High Resolution Airborne Gravity Survey€¦ · l l l l l l l l l l l l l l l l l l l l l l l l l l l l l l l l l ll l l l l l l l l l l l l l l l l l l l l l l l l l l l l l l l

NEWS l l l l l l l l l l l l l l l l l l l l l l l l l l l l l l l l l l l l l l l l l ... · 2020-05-29 · 15m x 12mm. Perma Fit ... Marigolds $250 100mm pot. 3582198 $395 25L All

Using Redundant Parameterizations to Fit Hierarchical Modelsgelman/research/published/gelman... · 2008. 3. 25. · U SING R EDUNDANT PARAMETERIZATIONS TO F IT H IERARCHICAL M ODELS

G ROUP C ENTRIC I NFORMATION SHARING U SING H IERARCHICAL M ODEL By Amit Mahale Advisor: Dr Tim Finin Co-Advisor: Dr Anupam Joshi 1.

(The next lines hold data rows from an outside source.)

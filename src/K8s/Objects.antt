-- ===== src/K8s/Objects.antt =====
-- computing/docker/k8s_service.go: the objects that the service creates.
pub mod Laws
use computing_api.Base.{
  Exec, Option, Result, Str, [], if◌then◌else◌, length, lift, none, pure, some, take, text, ℕ, ◌++◌,
  ◌-◌, ◌==◌, ◌>>=◌, ◌>>◌, ◌∷◌,
}
use computing_api.Base.Int.{ℤ}
use computing_api.K8s.Random.{generate_string}
use computing_api.K8s.Client.{ClientSet, ConfigMap, Ingress, NetworkPolicy, Service}

abbrev pub service_prefix : Str
service_prefix = b's' ∷ b'v' ∷ b'c' ∷ b'-' ∷ []

abbrev pub ingress_prefix : Str
ingress_prefix = b'i' ∷ b'n' ∷ b'g' ∷ b'-' ∷ []

-- The loop of `filepath.Ext`: the text from the last dot behind the last slash.
unfoldable pub ext_behind : Option Str → Str → Option Str
ext_behind found [] = found
ext_behind found (c ∷ s) =
    if c == b'/'
    then ext_behind none s
    else if c == b'.'
    then ext_behind (some (c ∷ s)) s
    else ext_behind found s

unfoldable pub ext : Str → Str
unfolding ext_behind
ext path = elim (ext_behind none path) [ none ↦ [] | some e ↦ e ]

-- The service that `CreateNodePortService` asks for; its selector does not depend on the application.
unfoldable pub node_port_object : Str → Str → ℤ → ℤ → Service
unfolding text
node_port_object name_space app_name port container_port = record {
  kind = text "Service";
  api_version = text "v1";
  name = service_prefix ++ app_name;
  namespace = name_space;
  type = text "NodePort";
  ports = record { name = text "http"; port = port; target_port = some container_port } ∷ [];
  selector = (text "app.kubernetes.io/name", text "load-balancer-example") ∷ [];
}

module _ (k : ClientSet) where
  unfoldable pub create_service : Str → Str → ℤ → Exec k.State Service
  unfolding text
  create_service name_space space_name container_port = k.create_service name_space (record {
    kind = text "Service";
    api_version = text "v1";
    name = service_prefix ++ space_name;
    namespace = name_space;
    type = [];
    ports = record { name = text "http"; port = container_port; target_port = none } ∷ [];
    selector = (text "app", space_name) ∷ [];
  })

  unfoldable pub create_node_port_service : Str → Str → ℤ → ℤ → Exec k.State Service
  unfolding node_port_object
  create_node_port_service name_space app_name port container_port = do
    res ← k.create_service name_space (node_port_object name_space app_name port container_port)
    pure res

  unfoldable pub create_ingress : Str → Str → Str → ℤ → Exec k.State Ingress
  unfolding text
  create_ingress k8s_name_space space_name host_name port =
      k.create_ingress k8s_name_space (record {
        name = ingress_prefix ++ space_name;
        annotations = (text "nginx.ingress.kubernetes.io/use-regex", text "true") ∷ [];
        class_name = text "nginx";
        host = host_name;
        path = text "/*";
        path_type = text "Prefix";
        service_name = service_prefix ++ space_name;
        service_port = port;
      })

  -- `read_file`, `join` and `base` are those of `os` and `path/filepath`; `draw` is the random source.
  unfoldable pub create_config_map :
      (Str → Result Str)
      → (Str → Str → Str)
      → (Str → Str)
      → (ℕ → ℕ)
      → Str
      → Str
      → Str
      → Str
      → Exec k.State ConfigMap
  unfolding ext generate_string
  create_config_map read_file join base draw k8s_name_space space_name base_path config_name = do
    ini_data ← lift (read_file (join base_path config_name))
    random ← lift (generate_string draw 4)
    k.create_config_map k8s_name_space (record {
      name =
          space_name
          ++ (b'-' ∷ base (take (length config_name - length (ext config_name)) config_name))
          ++ (b'-' ∷ random);
      entries = (config_name, ini_data) ∷ [];
    })

  unfoldable pub create_network_policy : (ℕ → ℕ) → Str → Exec k.State NetworkPolicy
  unfolding generate_string text
  create_network_policy draw namespace = do
    random ← lift (generate_string draw 4)
    k.create_network_policy namespace (record {
      name = namespace ++ b'-' ∷ random;
      namespace = namespace;
      policy_types = text "Ingress" ∷ [];
      from_namespaces = (text "kubernetes.io/metadata.name", text "ingress-nginx") ∷ [];
    })
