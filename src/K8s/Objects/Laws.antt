-- ===== src/K8s/Objects/Laws.antt =====
-- What the objects lead to.
use mathlib.Core.Path.{subst}
use computing_api.Base.{
  >>=-eq-ok, Str, [], ap, map, ok, ok-injective, pure, sym, text, ◌↔◌, ◌∙◌, ◌∷◌, ◌≡◌,
}
use computing_api.Base.Int.{ℤ}
use computing_api.K8s.Client.{ClientSet, Ingress, Labels, Service, ServicePort}
use computing_api.K8s.Labels.Laws.{Matches}
use computing_api.K8s.Objects.{
  create_ingress, create_node_port_service, create_service, node_port_object,
}

-- Kubernetes gives back the objects that it has created.
pub record ObjectLaws (k : ClientSet) : Type 0 where
  pub service_law :
      (ns : Str) (o r : Service) (s s' : k.State) → k.create_service ns o s ≡ (ok r, s') → r ≡ o
  pub ingress_law :
      (ns : Str) (o r : Ingress) (s s' : k.State) → k.create_ingress ns o s ≡ (ok r, s') → r ≡ o

module _ (k : ClientSet) (laws : ObjectLaws k) where
  -- The ingress of a space sends the requests of its host to the service that was created for the
  -- space, at the port that the service listens on.
  create_ingress-create_service :
      (ns space host : Str) (port : ℤ) (svc : Service) (ing : Ingress) (s s1 s2 : k.State)
      → create_service k ns space port s ≡ (ok svc, s1)
      → create_ingress k ns space host port s1 ≡ (ok ing, s2)
      → (ing.host ≡ host)
        × (ing.service_name ≡ svc.name)
        × (svc.namespace ≡ ns)
        × (map (λ (p : ServicePort). p.port) svc.ports ≡ ing.service_port ∷ [])
        × (svc.selector ≡ (text "app", space) ∷ [])
  unfolding create_service create_ingress
  create_ingress-create_service ns space host port svc ing s s1 s2 h k' =
      let made = laws.service_law ns _ svc s s1 h in
      let routed = laws.ingress_law ns _ ing s1 s2 k' in
      (
        ap (λ (i : Ingress). i.host) routed,
        ap (λ (i : Ingress). i.service_name) routed ∙ ap (λ (v : Service). v.name) (sym made),
        ap (λ (v : Service). v.namespace) made,
        ap (λ (v : Service). map (λ (p : ServicePort). p.port) v.ports) made
            ∙ ap (λ (i : Ingress). i.service_port ∷ []) (sym routed),
        ap (λ (v : Service). v.selector) made,
      )

  node_port_selector :
      (ns app : Str) (port target : ℤ) (svc : Service) (s s' : k.State)
      → create_node_port_service k ns app port target s ≡ (ok svc, s')
      → svc.selector ≡ (text "app.kubernetes.io/name", text "load-balancer-example") ∷ []
  unfolding create_node_port_service node_port_object
  node_port_selector ns app port target svc s s' h =
      let o = node_port_object ns app port target in
      let (r, s1, made, end) = >>=-eq-ok (k.create_service ns o) pure s h in
      ap (λ (v : Service). v.selector)
        (ok-injective (λ i. (sym end i).0) ∙ laws.service_law ns o r s s1 made)

  -- The node-port services of any two applications select the same pods, those that have the label
  -- of an example, whatever the names of the applications are.
  create_node_port_service_selects :
      (ns app other_app : Str) (port target : ℤ) (svc other_svc : Service) (s s1 s2 : k.State)
      → create_node_port_service k ns app port target s ≡ (ok svc, s1)
      → create_node_port_service k ns other_app port target s1 ≡ (ok other_svc, s2)
      → (pod_labels : Labels)
      → Matches svc.selector pod_labels ↔ Matches other_svc.selector pod_labels
  create_node_port_service_selects ns app other_app port target svc other_svc s s1 s2 h h' l =
      let same =
        node_port_selector ns app port target svc s s1 h
        ∙ sym (node_port_selector ns other_app port target other_svc s1 s2 h') in
      (subst (λ sel. Matches sel l) same, subst (λ sel. Matches sel l) (sym same))
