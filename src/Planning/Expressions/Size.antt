-- ===== src/Planning/Expressions/Size.antt =====
-- Node count and traversal, and the bounds that construction sets.
use nl2data_core.Common.{◌≤◌, ◌≡◌, true, arith, length, length-append}
use nl2data_core.Planning.Expressions.Syntax.{
  IrExpression, field, literal, predicate, binary, round, coalesce, nullif, case, date_trunc,
  aggregate, prior_period, Operands, done, operand, Whens, last, when, Default, absent, present,
}
use nl2data_core.Planning.Expressions.Traversal.{
  expression_depth, expression_node_count, operands_count, whens_count, default_count, iter_nodes,
  operands_nodes, whens_nodes, default_nodes,
}
use nl2data_core.Planning.Expressions.Validation.{check_bounds, node_ok, well_formed}

mutual
  unfolding iter_nodes expression_node_count

  nodes_le : (e : IrExpression) → length (iter_nodes e) ≤ expression_node_count e
  nodes_le (field f) = omega arith
  nodes_le (literal v) = omega arith
  nodes_le (predicate p) = omega arith
  nodes_le (binary op l r z) =
      omega (arith, nodes_le l, nodes_le r, length-append (iter_nodes l) (iter_nodes r))
  nodes_le (round e scale) = omega (arith, nodes_le e)
  nodes_le (coalesce es) = omega (arith, operands_nodes_le es)
  nodes_le (nullif l r) =
      omega (arith, nodes_le l, nodes_le r, length-append (iter_nodes l) (iter_nodes r))
  nodes_le (case ws d) = omega (
    arith,
    whens_nodes_le ws,
    default_nodes_le d,
    length-append (whens_nodes ws) (default_nodes d),
  )
  nodes_le (date_trunc d) = omega arith
  nodes_le (aggregate a) = omega arith
  nodes_le (prior_period p) = omega arith

  operands_nodes_le : (es : Operands) → length (operands_nodes es) ≤ operands_count es
  operands_nodes_le done = omega arith
  operands_nodes_le (operand e es) =
      omega
        (arith, nodes_le e, operands_nodes_le es, length-append (iter_nodes e) (operands_nodes es))

  whens_nodes_le : (ws : Whens) → length (whens_nodes ws) ≤ whens_count ws
  whens_nodes_le last = omega arith
  whens_nodes_le (when p e ws) =
      omega (arith, nodes_le e, whens_nodes_le ws, length-append (iter_nodes e) (whens_nodes ws))

  default_nodes_le : (d : Default) → length (default_nodes d) ≤ default_count d
  default_nodes_le absent = omega arith
  default_nodes_le (present e) = omega (arith, nodes_le e)

-- The traversal yields at most as many nodes as are counted.
pub iter_nodes-le-node_count : (e : IrExpression) → length (iter_nodes e) ≤ expression_node_count e
iter_nodes-le-node_count e = nodes_le e

bounds_of_node_ok :
    (e : IrExpression)
    → node_ok e ≡ true
    → (expression_depth e ≤ 6) × (expression_node_count e ≤ 24)
unfolding node_ok check_bounds expression_depth expression_node_count
bounds_of_node_ok (field f) h = omega arith
bounds_of_node_ok _ h = ground arith

node_ok_of_well_formed : (e : IrExpression) → well_formed e ≡ true → node_ok e ≡ true
unfolding well_formed
node_ok_of_well_formed (field f) h = h
node_ok_of_well_formed _ h = ground arith

-- A tree that can be constructed is bounded in depth and node count, whatever node is at its root,
-- and its traversal is bounded as well.
pub well_formed_bounds :
    (e : IrExpression)
    → well_formed e ≡ true
    → (expression_depth e ≤ 6) × (expression_node_count e ≤ 24) × (length (iter_nodes e) ≤ 24)
well_formed_bounds e h =
    let (shallow, small) = bounds_of_node_ok e (node_ok_of_well_formed e h) in
    (shallow, small, omega (arith, nodes_le e))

N ORMALIZATION DBS201. What is Normalization? Normalization is a series of steps used to evaluate and modify table structures to ensure that every non-key.

T ERMINOLOGY & N ORMALIZATION DBS201. Equivalent Terms: Relational Model Table-Oriented DBMS Conventional File Systems Conceptionally Repreesents RelationTableFileEntity.